Mieza, where Aristotle taught Alexander, Hephaestion et al

Did Alexander surprise you by his actions in the course of writing this book or did you feel you always had him under control?
If your characters are real, they always have a life of their own. Non-writers can be baffled when novelists talk about characters as if they were real people with whom the author has regular conversations. But if the author can’t do that, her characters aren’t 3D.

That said, Alexander was a bit harder to write my way into than Hephaistion. Hephaistion winked into existence when I (re-)read Peter Green’s bio and hit the line that describes him as, “Tall, handsome, spoilt, spiteful, overbearing, and fundamentally stupid” (p. 465, U. Cal ed., 1991 reprint). And in my head, this little Hephaistion sat up and said, “No, I wasn’t like that at all.” That gave me both a character and a dissertation, so I thank Peter for it.*

I’m sure some of my reaction was a gelling of what I’d read, leading me to a different opinion about Hephaistion. Yet from that moment, Hephaistion’s book character has been firmly formed and hasn’t changed much. Also, I’d like to note that I do see a distinction between my character and the historical person. If the former is certainly based on my research into the latter, I’m not confused about where the lines are.

The character who morphed the most during the writing was Myrtalē-Olympias. When I began, I had a fairly traditional, negative view. Then I read Beth Carney’s work, which fundamentally altered how I understood her and her motives, creating (I hope) a more nuanced character.

The historical Hephaestion did not live to write his memoirs and appears only episodically in the works of the Alexander historians. This makes him a rather elusive personality. Was that a blessing or curse for you in writing about him?
I consider it a blessing, as it left me a lot of freedom. Yet I’ve spent so much time with this fellow, I do feel as if I have some sense of what the historical person must have been like.

With Hephaistion, we must avoid too simplistic a reading. It can be easy to slam him into certain pre-made categories. The first is a yes-man without genuine ambition or much of a mind of his own, just beauty and a steadfast loyalty to Alexander. A second is more sinister: an ambitious man of limited ability, using Alexander’s affection for him to climb the socio-political ladder at the Macedonian court, and targeting his enemies along the way. He may (or may not) have felt genuine affection for Alexander.

To me, the evidence from the ancient sources doesn’t support either of those. First, he actually was capable (both Sabine Müller and I have written academic material about this). Second, all his clashes are late in his career, once he’d risen to very high rank, and in at least the case of Krateros, he may have been the target rather than the targeted. Earlier, he had no obvious enemies (aside from, perhaps, Olympias). In the novel, in fact, I’ve made him a bit more testy than I think he actually was. If Curtius (who was no fan of Alexander) paints a mostly positive picture of Hephaistion, perhaps we should pay attention.

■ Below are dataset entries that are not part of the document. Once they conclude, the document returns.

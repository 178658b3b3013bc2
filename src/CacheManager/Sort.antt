-- ===== src/CacheManager/Sort.antt =====
-- kCutDownAccessTime: the bubble sort by access time.
use mathlib.Core.List.{Permᴰ}
use mathlib.Core.List.Permᴰ
use deodeok_os.Base.{
  ℕ, zero, suc, ◌-◌, ◌<◌, ◌≤◌, ◌≡◌, Bool, true, ltb, List, [], ◌∷◌, ◌++◌, length, refl, ap, inl,
  inr, Bool-cases, arith, subst, append_assoc, append-nil,
}
use deodeok_os.CacheManager.{
  CacheBuffer, CacheTable, sort_pass, sort_rounds, renumber, cut_down_access_time,
}
use deodeok_os.CacheManager.First.{All, All-map, All-append, All-left, All-right, All-both}

abbrev pub IsSorted : List CacheBuffer → Type 0
IsSorted [] = Unit
IsSorted (b ∷ bs) = All (λ c. b.access_time ≤ c.access_time) bs × IsSorted bs

-- Each of the first list comes before each of the second one.
abbrev pub Before : List CacheBuffer → List CacheBuffer → Type 0
Before xs ys = All (λ b. All (λ c. b.access_time ≤ c.access_time) ys) xs

-- A property of all buffers does not depend on their order.
pub All-Permᴰ :
    (p : CacheBuffer → Type 0) {xs ys : List CacheBuffer} → Permᴰ xs ys → All p xs → All p ys
All-Permᴰ p Permᴰ.nil a = a
All-Permᴰ p (Permᴰ.cons e d) a = (subst p e a.0, All-Permᴰ p d a.1)
All-Permᴰ p (Permᴰ.swap e f) a = (subst p f a.1.0, (subst p e a.0, a.1.1))
All-Permᴰ p (Permᴰ.trans d e) a = All-Permᴰ p e (All-Permᴰ p d a)

IsSorted-append :
    (xs ys : List CacheBuffer) → IsSorted xs → IsSorted ys → Before xs ys → IsSorted (xs ++ ys)
IsSorted-append [] ys l r b = r
IsSorted-append (x ∷ xs) ys l r b = (All-append _ xs ys l.0 b.0, IsSorted-append xs ys l.1 r b.1)

-- After a round over `a ∷ xs` its last place holds the greatest time.
record Passed (a : CacheBuffer) (xs ys : List CacheBuffer) (r : Bool × List CacheBuffer)
    : Type 0 where
  front : List CacheBuffer
  last : CacheBuffer
  out : r.1 ≡ front ++ (last ∷ ys)
  size : length front ≡ length xs
  perm : Permᴰ (a ∷ xs) (front ++ (last ∷ []))
  greater : a.access_time ≤ last.access_time
  greatest : All (λ c. c.access_time ≤ last.access_time) front
  done : r.0 ≡ true → IsSorted (a ∷ xs) × (r.1 ≡ a ∷ xs ++ ys)

sort_pass-Passed :
    (a : CacheBuffer) (xs ys : List CacheBuffer)
    → Passed a xs ys (sort_pass (length xs) (a ∷ (xs ++ ys)))
unfolding sort_pass
sort_pass-Passed a [] ys = record {
  front = [];
  last = a;
  out = refl;
  size = refl;
  perm = Permᴰ.refl _;
  greater = omega arith;
  greatest = tt;
  done = λ e. ((tt, tt), refl);
}
sort_pass-Passed a (b ∷ xs) ys = elim (Bool-cases (ltb b.access_time a.access_time)) [
  | inl swapped ↦
      let p = sort_pass-Passed a xs ys in
      rw swapped (record {
        front = b ∷ p.front;
        last = p.last;
        out = ap (λ l. b ∷ l) p.out;
        size = ap suc p.size;
        perm = Permᴰ.trans (Permᴰ.swap refl refl) (Permᴰ.cons refl p.perm);
        greater = p.greater;
        greatest = (ground (arith, p.greater), p.greatest);
        done = λ e. absurd (ground (arith, e));
      })
  | inr kept ↦
      let p = sort_pass-Passed b xs ys in
      rw kept (record {
        front = a ∷ p.front;
        last = p.last;
        out = ap (λ l. a ∷ l) p.out;
        size = ap suc p.size;
        perm = Permᴰ.cons refl p.perm;
        greater = ground (arith, p.greater);
        greatest = (ground (arith, p.greater), p.greatest);
        done = λ e.
            let d = p.done e in
            (
              ((ground arith, All-map xs (λ c le. ground (arith, le)) d.0.0), d.0),
              ap (λ l. a ∷ l) d.1,
            );
      })
]

All-true : (xs : List CacheBuffer) → All (λ b. Unit) xs
All-true [] = tt
All-true (x ∷ xs) = (tt, All-true xs)

sort_rounds-IsSorted :
    (k : ℕ) (xs ys : List CacheBuffer)
    → length xs ≡ suc k
    → IsSorted ys
    → Before xs ys
    → IsSorted (sort_rounds k (xs ++ ys)) × Permᴰ (xs ++ ys) (sort_rounds k (xs ++ ys))
unfolding sort_rounds
sort_rounds-IsSorted k [] ys size sorted before = absurd (omega (arith, size))
sort_rounds-IsSorted zero (a ∷ []) ys size sorted before = ((before.0, sorted), Permᴰ.refl _)
sort_rounds-IsSorted zero (a ∷ b ∷ xs) ys size sorted before = absurd (omega (arith, size))
sort_rounds-IsSorted (suc k) (a ∷ xs) ys size sorted before =
    let n : length xs ≡ suc k = omega (arith, size) in
    let p =
      subst (λ n. Passed a xs ys (sort_pass n (a ∷ (xs ++ ys)))) n (sort_pass-Passed a xs ys) in
    elim (Bool-cases (sort_pass (suc k) (a ∷ (xs ++ ys))).0) [
      | inl done ↦
          let d = p.done done in
          rw (done, d.1) (IsSorted-append (a ∷ xs) ys d.0 sorted before, Permᴰ.refl _)
      | inr more ↦
          let all = All-Permᴰ (λ b. All (λ c. b.access_time ≤ c.access_time) ys) p.perm before in
          let last = All-right _ p.front (p.last ∷ []) all in
          let rest =
            sort_rounds-IsSorted k p.front (p.last ∷ ys) (omega (arith, p.size, n)) (last.0, sorted)
              (All-both _ _ p.front p.greatest (All-left _ p.front (p.last ∷ []) all)) in
          rw (more, p.out)
            (
              rest.0,
              Permᴰ.trans
                  (subst (Permᴰ (a ∷ (xs ++ ys))) (append_assoc p.front (p.last ∷ []) ys)
                    (Permᴰ.append_right ys p.perm))
                  rest.1,
            )
    ]

-- Below the limit nothing changes. At the limit the buffers are put in the order of their access
-- times and numbered from 0, and the counter goes on behind them.
pub data IsCut (t : CacheTable) : CacheTable → Type 0 where
  kept : t.access_time < 0xffff_fffe → IsCut t t
  cut :
      (ordered : List CacheBuffer)
      → 0xffff_fffe ≤ t.access_time
      → Permᴰ t.buffers ordered
      → IsSorted ordered
      → IsCut t (record t { access_time = length t.buffers; buffers = renumber 0 ordered })

IsSorted-buffers :
    (bs : List CacheBuffer)
    → IsSorted (sort_rounds (length bs - 1) bs) × Permᴰ bs (sort_rounds (length bs - 1) bs)
unfolding sort_rounds
IsSorted-buffers [] = (tt, Permᴰ.refl _)
IsSorted-buffers (b ∷ bs) =
    subst
      (λ l.
        IsSorted (sort_rounds (length (b ∷ bs) - 1) l)
        × Permᴰ l (sort_rounds (length (b ∷ bs) - 1) l))
      (append-nil (b ∷ bs))
      (sort_rounds-IsSorted (length (b ∷ bs) - 1) (b ∷ bs) [] (omega arith) tt (All-true (b ∷ bs)))

pub cut_down_access_time-IsCut : (t : CacheTable) → IsCut t (cut_down_access_time t)
unfolding cut_down_access_time
cut_down_access_time-IsCut t = elim (Bool-cases (ltb t.access_time 0xffff_fffe)) [
  | inl below ↦ rw below (kept (ground arith))
  | inr full ↦ let s = IsSorted-buffers t.buffers in rw full (cut _ (ground arith) s.1 s.0)
]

He appears to have been deeply—and genuinely—attached to Alexander, and Curtius observed that he was diplomatic enough to avoid pushing his place. Yet he may also not have cared for personal advancement to the same degree as his fellows. That said, we must be careful not to make him passive; the evidence suggests that if insulted, he’d strike back. Remember, a virtuous Greek didn’t turn the other cheek; one was expected to help friends and hurt enemies, not ignore them, an important difference between now and then. In fact, showing clemency could be a backhanded insult, one Julius Caesar later used to great political effect. One could show clemency only to one’s social inferiors, after all.

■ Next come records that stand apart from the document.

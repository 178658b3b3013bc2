-- ===== src/Memory/Words.antt =====
-- Words of bytes, read and written.
use deodeok_os.Base.{
  ℕ, zero, suc, ◌+◌, ◌-◌, ◌*◌, ◌/◌, ◌%◌, ◌<◌, ◌≡◌, ltb, leb, if◌then◌else◌, ◌&&◌, arith, ap, ◌∙◌,
  Bool,
}
use native.Mathlib.Nat.{add-zero}
use deodeok_os.Base.Cells.{update}
use deodeok_os.Memory.{Memory, load_bytes, store_bytes, spread}

-- Every cell holds a byte.
abbrev pub IsByteMemory : Memory → Type 0
IsByteMemory m = (a : ℕ) → m a < 256

-- `x` lies among the `n` addresses from `a` on.
abbrev pub within : ℕ → ℕ → ℕ → Bool
within a n x = leb a x && ltb x (a + n)

-- All of the `n` low bytes of `v` are `b`.
abbrev pub AllBytes : ℕ → ℕ → ℕ → Type 0
AllBytes zero b v = Unit
AllBytes (suc n) b v = (v % 256 ≡ b) × AllBytes n b (v / 256)

pub spread-AllBytes : (b : ℕ) → b < 256 → AllBytes 8 b (spread 8 b 0)
unfolding spread
spread-AllBytes b h = omega arith

pub store-AllBytes :
    (n : ℕ) (m : Memory) (a v b x : ℕ)
    → AllBytes n b v
    → store_bytes n m a v x ≡ (if within a n x then b else m x)
unfolding store_bytes
store-AllBytes zero m a v b x h = ground arith
store-AllBytes (suc n) m a v b x h =
    ground (arith, store-AllBytes n (update m a (v % 256)) (a + 1) (v / 256) b x h.1)

-- Storing what was loaded copies the bytes.
pub store-load :
    (n : ℕ) (m m' : Memory) (d s x : ℕ)
    → IsByteMemory m'
    → store_bytes n m d (load_bytes n m' s) x ≡ (if within d n x then m' (s + (x - d)) else m x)
unfolding store_bytes load_bytes
store-load zero m m' d s x h = ground arith
store-load (suc n) m m' d s x h =
    let low : (m' s + 256 * load_bytes n m' (s + 1)) % 256 ≡ m' s = omega (arith, h s) in
    let high : (m' s + 256 * load_bytes n m' (s + 1)) / 256 ≡ load_bytes n m' (s + 1) =
      omega (arith, h s) in
    rw (low, high) (ground (arith, store-load n (update m d (m' s)) m' (d + 1) (s + 1) x h))

-- The bytes of a word of 0 are 0.
pub load_bytes-zero :
    (n : ℕ) (m : Memory) (a : ℕ) → load_bytes n m a ≡ 0 → (i : ℕ) → i < n → m (a + i) ≡ 0
unfolding load_bytes
load_bytes-zero zero m a e i lt = absurd (omega arith)
load_bytes-zero (suc n) m a e zero lt = ap m (add-zero a) ∙ omega arith
load_bytes-zero (suc n) m a e (suc i) lt =
    ap m (omega arith) ∙ load_bytes-zero n m (a + 1) (omega arith) i (omega arith)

I’ve come to think of Hephaistion as a “gamma male”; in pop culture, there’s little agreement as to what these men are like, but originally the term was coined to define those who disengage from the whole alpha-beta dynamic. They neither attempt to lead (although may be capable of doing so), nor do they willingly follow, unless they agree on the direction. While it might seem that alpha and gamma males should naturally clash, gamma males may also be the only true friend a strong alpha can have (and trust).

I find three aspects of Hephaistion’s personality mostly consistent according to our sources: he was honest with Alexander but diplomatic about his status in public, he seems to have agreed with Alexander’s policies in general and supported them, and last—and most importantly—Alexander wasn’t the least threatened by him. Add to that a friendship that quite probably spanned two decades and it suggests he was more complex than some would allow.

In writing Hephaestion did you ever find yourself in dialogue with previous interpretations of him? For example, in authors such as Mary Renault and film makers like Oliver Stone?
Very little, actually. First, this novel is now 30 years from its inception, and Hephaistion was among the earliest solid characters I had. I wrote the first line in December of 1988. I hadn’t even read Renault yet, and all of that was long before Stone came on the scene. Not to mention Stone’s Hephaistion is really Renault’s Hephaistion.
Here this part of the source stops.